4. You can qualify people much more accurately
You can tell a lot by how a person behaves during a conversation. Do they hog the stage? Do they acknowledge what other people said? Do they have interesting things to say? Do they repeat themselves? Do they say hackneyed, superficial things? Are they curious? How do they react to someone who contradicts one of their points: do they let it be or do they react defensively? Whether or not I want to pull a person into my life can be highly informed by the answers to those questions.
5. It forces you to exercise your attention span muscles
In a world of posts and tweets, photos and short videos, an hour-long, linear, one word after another medium is a place where I can go and engage in some attention-span muscle building. Personally, while attending a Clubhouse or a Twitter space, I rarely multi-task: I sit down, put on my big headphones, and listen and take notes. I know some people (maybe most) are engaged less attentively, but the opportunity is there to use the session as a way to help you firm up your attention span.
6. Anything can happen
Unlike podcasts, in live social audio, what you are listening to is happening in real-time. One of the most compelling aspects of this real-time happening is that anything can happen. The element of surprise and serendipity are real. You don’t always really know where the conversation will go next.
7. A communal experience
As we voice our thoughts, we are in a real sense riding time, and those who are listening to us are also riding that same time together with us. We are in a concrete way experiencing the human condition collectively. This is something that was how TV was consumed for the longest time, until the rise of on-demand TV. This then enables you to, later on, chat about what happened with other people who attended the session, and, crucially, chat about it as an event rather than as static content. Such togetherness can only bring us closer to each other.
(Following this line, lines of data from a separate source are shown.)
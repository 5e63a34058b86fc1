-- ===== src/Geoserver/Options.antt =====
-- services/geoserver.py: `_build_start_request` of the options of the plan command, and the request
-- that goes into its artifact.
use Prim.Native.Char.{code}
use honua_migrate.Base.{
  ℕ, zero, suc, Bool, true, false, not, ◌&&◌, ◌||◌, List, [], ◌∷◌, String, ◌==◌, string_eq, nat_eq,
  Option, none, some, if◌then◌else◌, leb, map, any,
}
use honua_migrate.Base.Int.{ℤ, pos, negsuc}
use honua_migrate.Base.Text.{codes, is_space}
use honua_migrate.Json.{Json, Items, Fields, bool, int, str, arr, obj, nil, cons, end, field}
use honua_migrate.Runs.Contracts.{Result, ok, then_result}
use honua_migrate.Secrets.Keys.{fold, occurs_in}
use honua_migrate.Readiness.Words.{Parts}
use honua_migrate.Arcgis.Tables.{refuse}
use honua_migrate.Geoserver.Checks.{validate_url}
use honua_migrate.Geoserver.Apply.{is_server_reference}

abbrev lstrip : String → String
lstrip String.[] = ""
lstrip (String.◌∷◌ c s) = if is_space (code c) then lstrip s else String.◌∷◌ c s

abbrev rstrip : String → String
rstrip String.[] = ""
rstrip (String.◌∷◌ c s) =
    let rest = rstrip s in if is_space (code c) && rest == "" then "" else String.◌∷◌ c rest

unfoldable pub strip_text : String → String
unfolding string_eq
strip_text s = rstrip (lstrip s)

-- `_unsupported_behavior`
unfoldable pub unsupported_behavior : String → Result ℕ
unfolding string_eq
unsupported_behavior value =
    if value == "skip"
    then ok 0
    else if value == "log-warning"
    then ok 1
    else if value == "fail-import"
    then ok 2
    else refuse

-- `value.partition("=")`, and `none` where there is no separator
abbrev pub partition : String → Option (String × String)
partition String.[] = none
partition (String.◌∷◌ c s) =
    if leb (code c) b'=' && leb b'=' (code c)
    then some ("", s)
    else elim (partition s) [ none ↦ none | some st ↦ some (String.◌∷◌ c st.0, st.1) ]

abbrev pub has_key : String → Fields → Bool
has_key key end = false
has_key key (field k v fs) = (k == key) || has_key key fs

-- `fields[key] = value` of a key that they do not have
abbrev pub add_last : Fields → String → Json → Fields
add_last end key value = field key value end
add_last (field k v fs) key value = field k v (add_last fs key value)

abbrev pub add_mapping : Option (String × String) → Fields → Result Fields
add_mapping none mappings = refuse
add_mapping (some (source, target)) mappings =
    if strip_text source == "" || strip_text target == ""
    then refuse
    else if has_key (strip_text source) mappings
    then refuse
    else ok (add_last mappings (strip_text source) (str (strip_text target)))

abbrev pub mappings_onto : List String → Fields → Result Fields
mappings_onto [] mappings = ok mappings
mappings_onto (value ∷ values) mappings =
    then_result (add_mapping (partition value) mappings) λ more. mappings_onto values more

-- `_workspace_mappings`, with no fields for `None`
unfoldable pub workspace_mappings : List String → Result Fields
unfolding strip_text string_eq
workspace_mappings values = mappings_onto values end

-- An empty list or text stands for `None` as well; `timeout_seconds` is `int(timeout)`.
pub record Options : Type 0 where
  pub geoserver_url : String
  pub geoserver_password_ref : String
  pub username : String
  pub timeout_seconds : ℤ
  pub retries : ℤ
  pub workspaces : List String
  pub datastores : List String
  pub layers : List String
  pub import_styles : Bool
  pub overwrite_existing : Bool
  pub target_srid : Option ℤ
  pub auto_publish_layers : Bool
  pub batch_size : ℤ
  pub unsupported_datastore : String
  pub unsupported_layer : String
  pub unsupported_style : String
  pub continue_on_resource_failure : Bool
  pub workspace_mapping : List String
  pub default_workspace_name : String

unfoldable pub is_positive : ℤ → Bool
is_positive (pos zero) = false
is_positive (pos (suc n)) = true
is_positive (negsuc n) = false

unfoldable pub accepts_srid : Option ℤ → Bool
unfolding is_positive
accepts_srid none = true
accepts_srid (some n) = is_positive n

-- The key with the texts, where there are any, before the rest
abbrev pub with_texts : String → List String → Fields → Fields
with_texts key [] fs = fs
with_texts key (t ∷ ts) fs = field key (arr (texts (t ∷ ts))) fs
  where
    texts : List String → Items
    texts [] = nil
    texts (t ∷ ts) = cons (str t) (texts ts)

abbrev pub with_srid : Option ℤ → Fields → Fields
with_srid none fs = fs
with_srid (some n) fs = field "targetSrid" (int n) fs

abbrev pub with_username : String → Fields → Fields
with_username name fs = if name == "" then fs else field "username" (str name) fs

abbrev pub with_mappings : Fields → Fields
with_mappings end = end
with_mappings mappings = field "workspaceNameMappings" (obj mappings) end

abbrev pub import_options : Options → ℕ → ℕ → ℕ → Fields → Json
import_options o datastore layer style mappings = obj (
    field "unsupportedDataStoreBehavior" (int (pos datastore)) (
      field "unsupportedLayerBehavior" (int (pos layer)) (
        field "unsupportedStyleBehavior" (int (pos style)) (
          field "continueOnResourceFailure" (bool o.continue_on_resource_failure) (
            field "defaultWorkspaceName" (str (strip_text o.default_workspace_name))
              (with_mappings mappings))))))

unfoldable pub start_request : Options → Bool → Json → String → Fields
unfolding strip_text string_eq
start_request o dry_run options url = field "geoServerRestUrl" (str url) (
    field "passwordSecretReference" (str o.geoserver_password_ref) (
      field "dryRun" (bool dry_run) (
        field "applyMode" (bool (not dry_run)) (
          field "requestTimeoutSeconds" (int o.timeout_seconds) (
            field "maxRetries" (int o.retries) (
              field "importStyles" (bool o.import_styles) (
                field "overwriteExisting" (bool o.overwrite_existing) (
                  field "autoPublishLayers" (bool o.auto_publish_layers) (
                    field "batchSize" (int o.batch_size) (
                      field "importOptions" options (
                        with_srid o.target_srid (
                          with_username o.username (
                            with_texts "workspaceNames" o.workspaces (
                              with_texts "dataStoreNames" o.datastores
                                (with_texts "layerNames" o.layers end)))))))))))))))

-- `_build_start_request`
unfoldable pub build_start_request : (String → Option Parts) → Options → Bool → Result Fields
unfolding start_request accepts_srid is_positive unsupported_behavior workspace_mappings
    validate_url is_server_reference strip_text string_eq
build_start_request urlsplit o dry_run =
    if not (accepts_srid o.target_srid)
    then refuse
    else if not (is_positive o.batch_size)
    then refuse
    else if strip_text o.default_workspace_name == ""
    then refuse
    else then_result (unsupported_behavior o.unsupported_datastore) λ datastore.
      then_result (unsupported_behavior o.unsupported_layer) λ layer.
        then_result (unsupported_behavior o.unsupported_style) λ style.
          then_result (workspace_mappings o.workspace_mapping) λ mappings.
            then_result (validate_url urlsplit o.geoserver_url) λ url.
              if is_server_reference o.geoserver_password_ref
              then ok
                  (start_request o dry_run (import_options o datastore layer style mappings) url)
              else refuse

-- `_SECRET_KEY`, `api[_-]?key` written out
abbrev secret_words : List String
secret_words =
    "password" ∷ "secret" ∷ "token" ∷ "apikey" ∷ "api_key" ∷ "api-key" ∷ "authorization" ∷ []

unfoldable pub is_secret_key : String → Bool
unfolding occurs_in fold
is_secret_key key = any (λ word. occurs_in (codes word) (map fold (codes key))) secret_words

-- `_plan_request_without_credentials`
unfoldable pub plan_request : Fields → Fields
unfolding is_secret_key
plan_request end = end
plan_request (field k v fs) =
    let rest = plan_request fs in if is_secret_key k then rest else field k v rest
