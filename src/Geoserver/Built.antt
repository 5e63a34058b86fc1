-- ===== src/Geoserver/Built.antt =====
-- services/geoserver.py: every request that `_build_start_request` builds is one of `start_request`,
-- with no secret key but that of the password.
use honua_migrate.Base.{
  ◌≡◌, refl, subst, Bool, true, false, not, ◌||◌, ◌&&◌, choose, arith, List, [], ◌∷◌, String, ◌==◌,
  string_eq, nat_eq, Option, none, some, if◌then◌else◌,
}
use honua_migrate.Base.Int.{ℤ}
use honua_migrate.Json.{Json, Fields, end, field}
use honua_migrate.Runs.Contracts.{Result, ok, err, then_result}
use honua_migrate.Readiness.Words.{Parts}
use honua_migrate.Arcgis.Tables.{refuse}
use honua_migrate.Geoserver.Apply.{is_server_reference}
use honua_migrate.Geoserver.Checks.{validate_url}
use honua_migrate.Secrets.Keys.{occurs_in, starts_with, fold}
use honua_migrate.Geoserver.Options.{
  Options, with_srid, with_username, with_texts, import_options, start_request, build_start_request,
  is_secret_key, unsupported_behavior, workspace_mappings, strip_text, is_positive, accepts_srid,
}

-- Of the keys of a request, only that of the password is a secret.
unfoldable pub is_open : Fields → Bool
unfolding is_secret_key
is_open end = true
is_open (field k v fs) = (not (is_secret_key k) || (k == "passwordSecretReference")) && is_open fs

with_texts-is_open :
    (key : String) (texts : List String) (fs : Fields)
    → is_secret_key key ≡ false
    → is_open fs ≡ true
    → is_open (with_texts key texts fs) ≡ true
unfolding is_open
with_texts-is_open key [] fs n o = o
with_texts-is_open key (t ∷ ts) fs n o = ground (arith, n, o)

with_username-is_open :
    (name : String) (fs : Fields) → is_open fs ≡ true → is_open (with_username name fs) ≡ true
unfolding is_open is_secret_key occurs_in starts_with fold nat_eq
with_username-is_open name fs o =
    choose (λ (f : Fields). is_open f ≡ true) (name == "") _ _ (λ e. o) (λ e. o)

with_srid-is_open :
    (srid : Option ℤ) (fs : Fields) → is_open fs ≡ true → is_open (with_srid srid fs) ≡ true
unfolding is_open is_secret_key occurs_in starts_with fold nat_eq
with_srid-is_open none fs o = o
with_srid-is_open (some n) fs o = o

pub start_request-is_open :
    (o : Options) (dry_run : Bool) (options : Json) (url : String)
    → is_open (start_request o dry_run options url) ≡ true
unfolding start_request is_open is_secret_key occurs_in starts_with fold nat_eq string_eq
start_request-is_open o dry_run options url = with_srid-is_open o.target_srid _ (
    with_username-is_open o.username _ (
      with_texts-is_open "workspaceNames" o.workspaces _ refl (
        with_texts-is_open "dataStoreNames" o.datastores _ refl
          (with_texts-is_open "layerNames" o.layers _ refl refl))))

-- Where it gives something, that is so
unfoldable Fulfils : (Fields → Type 0) → Result Fields → Type 0
Fulfils P (ok fs) = P fs
Fulfils P (err e) = Unit

then_result-Fulfils :
    {A : Type 0} (P : Fields → Type 0) (r : Result A) (f : A → Result Fields)
    → ((x : A) → Fulfils P (f x))
    → Fulfils P (then_result r f)
unfolding Fulfils
then_result-Fulfils P (ok x) f each = each x
then_result-Fulfils P (err e) f each = tt

unless_refused :
    (P : Fields → Type 0) (b : Bool) (r : Result Fields)
    → Fulfils P r
    → Fulfils P (if b then refuse else r)
unfolding Fulfils
unless_refused P true r h = tt
unless_refused P false r h = h

if_accepted :
    (P : Fields → Type 0) (b : Bool) (r : Result Fields)
    → Fulfils P r
    → Fulfils P (if b then r else refuse)
unfolding Fulfils
if_accepted P true r h = h
if_accepted P false r h = tt

accepted-Fulfils : (P : Fields → Type 0) (fs : Fields) → P fs → Fulfils P (ok fs)
unfolding Fulfils
accepted-Fulfils P fs h = h

fulfilled : (P : Fields → Type 0) (r : Result Fields) {fs : Fields} → Fulfils P r → r ≡ ok fs → P fs
unfolding Fulfils
fulfilled P r h e = subst (Fulfils P) e h

build_start_request-Fulfils :
    (P : Fields → Type 0) (urlsplit : String → Option Parts) (o : Options) (dry_run : Bool)
    → ((options : Json) (url : String) → P (start_request o dry_run options url))
    → Fulfils P (build_start_request urlsplit o dry_run)
unfolding build_start_request
build_start_request-Fulfils P urlsplit o dry_run each =
    unless_refused P (not (accepts_srid o.target_srid)) _ (
      unless_refused P (not (is_positive o.batch_size)) _ (
        unless_refused P (strip_text o.default_workspace_name == "") _ (
          then_result-Fulfils P (unsupported_behavior o.unsupported_datastore) _ λ d.
            then_result-Fulfils P (unsupported_behavior o.unsupported_layer) _ λ l.
              then_result-Fulfils P (unsupported_behavior o.unsupported_style) _ λ s.
                then_result-Fulfils P (workspace_mappings o.workspace_mapping) _ λ m.
                  then_result-Fulfils P (validate_url urlsplit o.geoserver_url) _ λ url.
                    if_accepted P (is_server_reference o.geoserver_password_ref) _
                      (accepted-Fulfils P _ (each (import_options o d l s m) url)))))

pub build_start_request_each :
    (P : Fields → Type 0) (urlsplit : String → Option Parts) (o : Options) (dry_run : Bool)
    → ((options : Json) (url : String) → P (start_request o dry_run options url))
    → {request : Fields} → build_start_request urlsplit o dry_run ≡ ok request
    → P request
build_start_request_each P urlsplit o dry_run each e =
    fulfilled P (build_start_request urlsplit o dry_run)
      (build_start_request-Fulfils P urlsplit o dry_run each) e
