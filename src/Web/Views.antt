-- ===== src/Web/Views.antt =====
-- web.py: the reading views of the dashboard, and `_check_dashboard`. A view changes nothing.
use atmcp.Base.{
  ℕ, String, ◌==◌, Bool, false, not, ◌&&◌, ◌||◌, Option, none, some, List, if◌then◌else◌, truthy,
  take, ltb, ℤ, pos,
}
use atmcp.Base.Table.{fetch_one, select, order_by}
use atmcp.Schema.{
  Team, Task, Goal, Knowledge, Directive, Event, GuardEvent, GuardRequest, GuardRule, Decision,
  allow, deny,
}
use atmcp.Db.{Db}
use atmcp.Server.{Server}
use atmcp.Identity.{AgentLine, resolve_agent_ref}
use atmcp.Identity.Roster.{list_agents}
use atmcp.Tasks.Board.{Rollup, list_tasks, goal_rollup}
use atmcp.Directives.Inbox.{list_team}
use atmcp.Sessions.{SessionView, get_session, list_sessions}
use atmcp.Sessions.Messages.{Transcript, transcript, session_output}
use atmcp.Output.{Tail, get_output}
use atmcp.Guard.{recent_events, pending_requests}
use atmcp.Guard.Rules.{list_rules}
use atmcp.Usage.Meters.{TeamUsage, team_usage}
use atmcp.Status.{TeamStatus, get_team_status, head_event_id}
use atmcp.Status
use atmcp.Web.{Env, token_fits, team_by_name}

pub record Snapshot : Type 0 where
  pub team : Team
  pub status : TeamStatus
  pub rollup : Rollup
  pub agents : List AgentLine
  pub tasks : List Task
  pub goals : List Goal
  pub knowledge : List Knowledge
  pub usage : TeamUsage
  pub events : List Event

pub record AgentDetail : Type 0 where
  pub agent : Option AgentLine
  pub agent_id : String
  pub directives : List Directive
  pub tasks : List Task
  pub tail : Tail

-- The count that goes with a list is its length.
pub data Page : Type 0 where
  page_error : (status_code : ℕ) (detail : String) → Page
  snapshot_page : Snapshot → Page
  status_page : TeamStatus → Page
  usage_page : TeamUsage → Page
  directives_page : List Directive → Page
  detail_page : AgentDetail → Page
  output_page : Tail → Page
  sessions_page : List SessionView → Page
  session_page : SessionView → Transcript → Page
  guard_events_page : List GuardEvent → Page
  guard_requests_page : List GuardRequest → Page
  guard_rules_page : List GuardRule → Page

-- The path and the query of each view, without the team and the token.
pub data View : Type 0 where
  snapshot_view status_view usage_view guard_requests_view guard_rules_view : View
  directives_view : (status agent : Option String) (limit : ℤ) → View
  detail_view : (agent_ref : String) → View
  output_view : (agent_ref : String) (since_seq : ℕ) (limit : ℤ) → View
  sessions_view : (agent : Option String) (include_archived : Bool) → View
  session_view : (session_id : String) → View
  session_output_view : (session_id : String) (since_seq : ℕ) (wait_ms limit : ℤ) → View
  guard_events_view : (decision : Option String) (limit : ℤ) → View

-- `_snapshot`
unfoldable pub snapshot : Env → Team → Server → Snapshot
snapshot env t s =
    let team_id = t.team_id in
    record {
      team = t;
      status = get_team_status env.cfg env.clk.now s.redis team_id s.db;
      rollup = goal_rollup team_id none s.db;
      agents = list_agents env.cfg env.clk.now s.redis team_id s.db;
      tasks = list_tasks team_id none none none 0 (pos 500) s.db;
      goals =
          order_by (λ a b. ltb a.created_at b.created_at)
            (select (λ g. g.team_id == team_id) s.db.goals);
      knowledge = take 50 (
          order_by (λ a b. ltb b.last_seen_at a.last_seen_at)
            (select (λ k. k.team_id == team_id && k.present) s.db.knowledge_current));
      usage = team_usage env.floats env.clk.now team_id s.db;
      events = Status.recent_events team_id (pos 80) s.db;
    }

-- A value that a page needs, or 404.
abbrev pub or_404 : {A : Type 0} → String → (A → Page) → Option A → Page
or_404 detail go none = page_error 404 detail
or_404 detail go (some a) = go a

-- The filter by an agent, if one is named.
abbrev pub filter_agent : String → Option String → Db → (Option String → Page) → Page
filter_agent team_id agent db go = elim (truthy agent) [
  | none ↦ go none
  | some a ↦ or_404 "unknown agent" (λ aid. go (some aid)) (resolve_agent_ref team_id a db)
]

unfoldable pub agent_detail : Env → String → String → Server → AgentDetail
agent_detail env team_id aid s = record {
  agent =
      fetch_one (λ (l : AgentLine). l.agent.agent_id == aid)
        (list_agents env.cfg env.clk.now s.redis team_id s.db);
  agent_id = aid;
  directives = list_team team_id none (some aid) (pos 50) s.db;
  tasks = list_tasks team_id none (some aid) none 0 (pos 100) s.db;
  tail = get_output team_id aid 0 (pos 0) (pos 300) env.waiting s;
}

-- decision in ("allow", "deny")
abbrev pub decision_of : Option String → Option Decision
decision_of none = none
decision_of (some d) = if d == "allow" then some allow else if d == "deny" then some deny else none

unfoldable pub show : Env → Team → View → Server → Page
unfolding snapshot agent_detail
show env t snapshot_view s = snapshot_page (snapshot env t s)
show env t status_view s = status_page (get_team_status env.cfg env.clk.now s.redis t.team_id s.db)
show env t usage_view s = usage_page (team_usage env.floats env.clk.now t.team_id s.db)
show env t (directives_view status agent limit) s =
    filter_agent t.team_id agent s.db
      (λ to_agent. directives_page (list_team t.team_id status to_agent limit s.db))
show env t (detail_view agent_ref) s =
    or_404 "unknown agent" (λ aid. detail_page (agent_detail env t.team_id aid s))
      (resolve_agent_ref t.team_id agent_ref s.db)
show env t (output_view agent_ref since_seq limit) s =
    or_404 "unknown agent"
      (λ aid. output_page (get_output t.team_id aid since_seq (pos 0) limit env.waiting s))
      (resolve_agent_ref t.team_id agent_ref s.db)
show env t (sessions_view agent include_archived) s =
    filter_agent t.team_id agent s.db
      (λ aid. sessions_page (list_sessions t.team_id aid include_archived (pos 200) s.db))
show env t (session_view session_id) s =
    or_404 "unknown session" (λ x. session_page x (transcript t.team_id session_id env.waiting s))
      (get_session t.team_id session_id s.db)
show env t (session_output_view session_id since_seq wait_ms limit) s =
    output_page (session_output t.team_id session_id since_seq wait_ms limit env.waiting s)
show env t (guard_events_view decision limit) s =
    guard_events_page (recent_events t.team_id limit (decision_of decision) s.db)
show env t guard_requests_view s = guard_requests_page (pending_requests t.team_id (pos 100) s.db)
show env t guard_rules_view s = guard_rules_page (list_rules t.team_id s.db)

-- `_check_dashboard`: whether the view is open, or the token is the team's.
unfoldable pub check_dashboard : Env → Bool → Option String → Team → Bool
check_dashboard env dashboard_auth token t =
    not dashboard_auth
    || elim t.dashboard_token_hash [ none ↦ false | some h ↦ token_fits env.hash_token token h ]

abbrev pub open_view : Env → Bool → Option String → View → Server → Option Team → Page
open_view env dashboard_auth token v s none = page_error 404 "unknown team"
open_view env dashboard_auth token v s (some t) =
    if check_dashboard env dashboard_auth token t
    then show env t v s
    else page_error 401 "dashboard token required"

unfoldable pub view : Env → Bool → String → Option String → View → Server → Page
unfolding show check_dashboard
view env dashboard_auth team_name token v s =
    open_view env dashboard_auth token v s (team_by_name team_name s.db)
8. The fear of missing out
A social audio session is an event: it is time-boxed and if you don’t attend it, you will miss it. In cases where the session is recorded, you may be able to listen to the content. But it is still the case that you missed the opportunity of experiencing the event in real-time. It is the difference between watching a football game live and watching a rerun of that game.
9. No evidence left behind
At least for those sessions that are not recorded, you can participate, blunder, say something stupid that you regret having said, and when the session is over, you don’t have to worry about people experiencing the ugliness again (and you hope that the memory of your blunder will fade away with time). This will give you a bit of pluck to step up to the mic and speak up. To be sure, this aspect of social audio – no evidence left behind – can be abused: people can be mean, insulting, demeaning, behave in a bigoted way, or worse.
Most people are kind and considerate, and hence the medium works far more as a stimulator of folks to speak up and express themselves than as a tool to be abused by those who mean to do harm,
10. You can be part of the show
Unlike a podcast, you, simply an anonymous listener, can become an active participant: very much like a magic act where members of the audience are invited on stage to be part of the show. In fact, while on stage, you have the power to take the conversation somewhere else, if that somewhere else is interesting to the moderators and the audience. I will never tire saying this: Marshall McLuhan was right, and he keeps being proved right: The medium is the message.